**Instructions for the task**
Range to reproduce from the entries below: the line with "-- RADIUS attributes", the line with "-- ASN.1 encoding;", and every line in between. Give them exactly and give nothing else.

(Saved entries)
[Start of section]

-- ===== src/Lib.antt =====
-- A verification library for OpenLI, a lawful interception system in three programs: the collector
-- finds intercepted traffic and encodes it, the mediator hands the records to the agencies, and the
-- provisioner configures both. Paths are from the repository's root.
--
-- The parts and their files:
-- - Reassembler: src/collector/reassembler.c, with which the collector puts together fragmented IP
--   datagrams and SIP messages in TCP streams before it looks for targets in them.
--   Reassembler.Fragment is one datagram (update_ipfrag_reassemble_stream, is_ip_reassembled,
--   get_next_ip_reassembled, get_ipfrag_ports), Reassembler.IpStreams the table of them
--   (get_ipfrag_reassemble_stream, its purge, remove_ipfrag_reassemble_stream), Reassembler.Seq the
--   comparison seq_cmp, Reassembler.Sip the search find_sip_message_end, Reassembler.Segment one TCP
--   stream (update_tcp_reassemble_stream), Reassembler.NextMessage get_next_tcp_reassembled, and
--   Reassembler.TcpStreams the table of streams (get_tcp_reassemble_stream, its purge, removal).
-- - ExportBuffer: src/export_buffer.c, the queue of encoded bytes that collector and mediator keep for
--   each connection; ExportBuffer.Transmit is its transmit functions, with (int)sent written out. The collector fills it with
--   append_message_to_buffer, the mediator with append_etsipdu_to_buffer.
-- - LiidMap: src/mediator/liidmapping.c, the LIIDs that an agency's thread handles, with the callbacks
--   and timers of src/mediator/lea_send_thread.c that run over them when a provisioner comes and goes.
-- - Netcomms: src/netcomms.c, the protocol in which the provisioner tells the mediator of LIIDs (and
--   much else): the net buffer, headers and TLV fields, and in Netcomms.Messages the two messages that
--   end in add_liid_agency_mapping and withdraw_liid_agency_mapping.
-- - SeqTracker: src/collector/collector_seqtracker.c, where the collector numbers the records of each
--   intercept before they are encoded; its handle is one round of seqtracker_main.
-- - InterceptTimers: src/provisioner/intercept_timers.c with announce_hi1_notification_to_mediators of
--   src/provisioner/clientupdates.c, where the provisioner decides which changes of an intercept it
--   announces to the mediators.
-- - Intercept: src/intercept.c, the tables of the intercepts for each user and each mail address, in which
--   the collector looks for those that a session or a mail is for.
-- - AccessSession: src/collector/internetaccess.c, the sessions of users of internet access and their
--   addresses, which the plugins for RADIUS and GTP fill.
-- - Radius: src/collector/accessplugins/radius.c, where the collector follows the sessions of its targets
--   in RADIUS traffic. Radius.Servers finds server and NAS of a packet (update_known_servers),
--   Radius.Attributes reads it (radius_parse_packet), Radius.Users names its users
--   (radius_get_userid), Radius.Requests joins responses to requests (find_matching_request, and the
--   saving of requests), Radius.Orphans keeps responses that came before their request,
--   Radius.Fsm is the state machine (apply_fsm_logic), Radius.Sessions its use on a message with
--   request and response, Radius.Update the whole radius_update_session_state with the removal of
--   users, Radius.Iri the records made of the actions, with create_ipiri_job_from_packet of
--   src/collector/ipiri.c, and Radius.Collector the part of update_user_sessions in
--   src/collector/collector_sync.c that calls them.
-- - Gtp: src/collector/accessplugins/gtp.c, the same for mobile users in GTP traffic. Gtp.Ie names the
--   information elements, Gtp.Numbers reads IMSI and MSISDN (get_gtpnum_from_ie), Gtp.Elements and
--   Gtp.TvElements walk the elements of the two versions (walk_gtpv2_ies, walk_gtpv1_ies), and
--   Gtp.Sessions joins requests and responses and applies them to a session
--   (gtp_update_session_state, apply_gtp_fsm_logic, extract_gtp_assigned_ip_address);
--   Gtp.Sessions.Records lists the records of its packets (gtp_generate_iri_data, their types only).
-- - Prelude has the shared names, tests, lists, integers and outcomes; Uthash has what the code uses of
--   the header library uthash, with the sort HASH_SORT as an interface and one instance of it.
--
-- State is a record with the fields of the C struct, passed explicitly. Memory is a list of bytes and a
-- pointer into it an offset. A failed assertion is `aborted`; loops without an evident bound are on fuel,
-- and `out_of_fuel` is what the theorems on termination exclude: the recursion of
-- update_tcp_reassemble_stream takes the number of new bytes plus one, appending to an export buffer 83,
-- since 82 extensions of 50 MB cover a record of 2 ^ 32 bytes, a push onto a net buffer 2, the loops over
-- RADIUS attributes and GTP elements the number of bytes plus one, and the records of one RADIUS message
-- 3. In Radius, Gtp and AccessSession `none`, or `aborted`, is an invalid access to memory. Integers are
-- written modulo their width where the code may reach it. Sockets, TLS, RabbitMQ, libtrace, the hash
-- function hashlittle and the addresses that malloc gives are parameters, functions or values that say
-- what they answer; a Judy array is the list of its items.
--
-- Not modelled: freeing memory, logging, NULL arguments; the collector's threads, packet decoding and
-- ASN.1 encoding; the headers of GTP and what its records contain; intercepted mail; the mediator's
-- sockets and timers; the provisioner's configuration, JSON and HTTP.
pub mod Prelude
pub mod Uthash
pub mod Reassembler
pub mod ExportBuffer
pub mod LiidMap
pub mod Netcomms
pub mod Gtp
pub mod Intercept
pub mod InterceptTimers
pub mod SeqTracker
pub mod AccessSession
pub mod Radius
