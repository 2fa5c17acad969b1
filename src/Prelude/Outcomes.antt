-- ===== src/Prelude/Outcomes.antt =====
-- How a C function with assertions ends.
-- `aborted` is a failed `assert`, `out_of_fuel` a recursion that the given fuel does not cover.
pub data Outcome {ℓ} (A : Type ℓ) : Type ℓ where
  done : A → Outcome A
  aborted : Outcome A
  out_of_fuel : Outcome A
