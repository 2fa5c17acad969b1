-- ===== src/Uthash/Unique.antt =====
-- A list with strictly ascending keys is the only ascending permutation of itself.
use native.Mathlib.Bridge.{le_prop}
use mathlib.Core.Logic.Or
use mathlib.Core.List.{Perm, Pairwise, Mem, mem-cons, mem-cons_self}
use mathlib.Core.List.Pairwise
use mathlib.Core.List.Perm
use https_github_com_open_li.Prelude.{ℕ, ◌≤◌, ◌<◌, ◌≡◌, ap, ap₂, sym, List, [], ◌∷◌, arith}

module _ {A : Type 0} (set : IsSet A) (key : A → ℕ) where
  head_le :
      {b : A} {r : List A} (c : A)
      → Pairwise (λ x y. key x ≤ key y) (b ∷ r)
      → Mem c (b ∷ r)
      → key b ≤ key c
  head_le {b} c (Pairwise.cons h _) m =
      Or.elim le_prop (mem-cons.0 m) (λ e. let e' : key c ≡ key b = ap key e in omega arith) (h c)

  head_eq :
      {b c : A} {cs : List A}
      → key b ≤ key c
      → Mem b (c ∷ cs)
      → Pairwise (λ x y. key x < key y) (c ∷ cs)
      → b ≡ c
  head_eq {b} {c} le m (Pairwise.cons h _) =
      Or.elim (set b c) (mem-cons.0 m) (λ e. e) (λ k. absurd (let lt = h b k in omega arith))

  -- An ascending permutation of a strictly ascending list is that list.
  pub sorted_unique :
      (s l : List A)
      → Pairwise (λ x y. key x ≤ key y) s
      → Pairwise (λ x y. key x < key y) l
      → Perm s l
      → s ≡ l
  sorted_unique [] l _ _ p = sym (Perm.eq-nil (Perm.symm p))
  sorted_unique (b ∷ r) [] _ _ p = Perm.eq-nil p
  sorted_unique (b ∷ r) (c ∷ cs) hs hl p =
      let e : b ≡ c =
        head_eq (head_le c hs ((Perm.mem_iff p).1 mem-cons_self)) ((Perm.mem_iff p).0 mem-cons_self)
          hl in
      ap₂ ◌∷◌ e (
        sorted_unique r cs (Pairwise.of_cons hs) (Pairwise.of_cons hl)
          (Perm.cons_inv (Perm.trans p (Perm.symm (Perm.cons' e Perm.rfl)))))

[End of section]

**Exercise response**
-- RADIUS attributes and GTP elements the number of bytes plus one, and the records of one RADIUS message
-- 3. In Radius, Gtp and AccessSession `none`, or `aborted`, is an invalid access to memory. Integers are
-- written modulo their width where the code may reach it. Sockets, TLS, RabbitMQ, libtrace, the hash
-- function hashlittle and the addresses that malloc gives are parameters, functions or values that say
-- what they answer; a Judy array is the list of its items.
--
-- Not modelled: freeing memory, logging, NULL arguments; the collector's threads, packet decoding and
-- ASN.1 encoding; the headers of GTP and what its records contain; intercepted mail; the mediator's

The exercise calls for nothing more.